Ours was Noodle Casserole! Egg noodles, Spam, egg, milk, cheese and bread crumbs. My SIL made it a few times after getting the recipe from my mom and one night my nephew said, "Mom, are we poor? We keep eating this yucky noodle stuff!" Now my sisters and I make it with ham but it's not cheap! The kids still love it though.[/QUOTE]
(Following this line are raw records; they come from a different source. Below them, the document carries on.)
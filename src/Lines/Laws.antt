-- ===== src/Lines/Laws.antt =====
-- Indentation of lines, and what stands behind the blanks.
use sigmacatch.Text.{is_space}
use sigmacatch.Lines.{Line, indent_of, spaces_before, trim_left}
use sigmacatch.Prelude.{Bool-cases, [], arith, inl, inr, refl, suc, zero, ℕ, ◌+◌, ◌∷◌, ◌≡◌}

pub trim_left-trim_left : (l : Line) → trim_left (trim_left l) ≡ trim_left l
unfolding trim_left
trim_left-trim_left [] = refl
trim_left-trim_left (c ∷ l) = elim (Bool-cases (is_space c)) [
  | inl t ↦ rw t (trim_left-trim_left l)
  | inr f ↦ rw (f, f) refl
]

pub trim_left-spaces_before : (n : ℕ) (l : Line) → trim_left (spaces_before n l) ≡ trim_left l
unfolding trim_left spaces_before
trim_left-spaces_before zero l = refl
trim_left-spaces_before (suc n) l = trim_left-spaces_before n l

-- Behind its blanks a line has no blank.
pub indent_of-trim_left : (l : Line) → indent_of (trim_left l) ≡ 0
unfolding trim_left indent_of
indent_of-trim_left [] = refl
indent_of-trim_left (c ∷ l) = elim (Bool-cases (is_space c)) [
  | inl t ↦ rw t (indent_of-trim_left l)
  | inr f ↦ rw (f, f) refl
]

pub indent_of-spaces_before : (n : ℕ) (l : Line) → indent_of (spaces_before n l) ≡ n + indent_of l
unfolding indent_of spaces_before
indent_of-spaces_before zero l = omega arith
indent_of-spaces_before (suc n) l = omega (arith, indent_of-spaces_before n l)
I bet that was really funny when your nephew said that! It's fun to share that kind of stuff with our kids, isn't it?


----------



## good buddy

Haha!! This thread is sure taking a turn. You guys brought back such a memory for me! Mom used to make Mac and Cheese, jello mold, and SOS, better known as "sh#t on a shingle" or chipped beef on toast. We had it so often as kids it became a family favorite and we'd get to have it Christmas morning for breakfast. :hungry:


----------



## Me&2Girls

SOS for Christmas breakfast? Now that's a first. LOL Isn't it funny how our parents' cheap meals become our comfort foods?


----------



## irnfit

Well, being Italian, we put anything together with pasta - pasta and broccolli, pasta and beans, pasta and potatoes (yes, it's true). I used to saute frozen spinach with garlic and toss it with bowtie pasta. My kids would actually request that one.


----------



## mellowbo

irnfit said:


> Well, being Italian, we put anything together with pasta - pasta and broccolli, pasta and beans, pasta and potatoes (yes, it's true). I used to saute frozen spinach with garlic and toss it with bowtie pasta. My kids would actually request that one.


umm, that sounds good...


----------



## MaddiesMom

I can so relate to cheap food being comfort food. When I was a young child raised in Nebraska, my Mom had to feed all four of her children on her very meager salary. We rarely had meat, and we had many, many meals of potato soup. I consider that comfort food today. Of course, I cheat and add cheese, which we never could have afforded then. We also used to eat dinners of corn on the cob and fresh tomatoes from the garden. Funny thing is, I never knew we were poor. Shows that being raised with love is way more important than being raised with money.


----------



## Me&2Girls

You are so right Jeanne. Such good lessons for those of us raising a family in these times.


----------



## The Fussy Puppy Gang

My mom is Japanese and when we were kids our dinners often consisted of rice and tuna drizzled with soy sauce, or rice and sweet pickles, always with miso soup. To this day the smell of miso soup feels like home.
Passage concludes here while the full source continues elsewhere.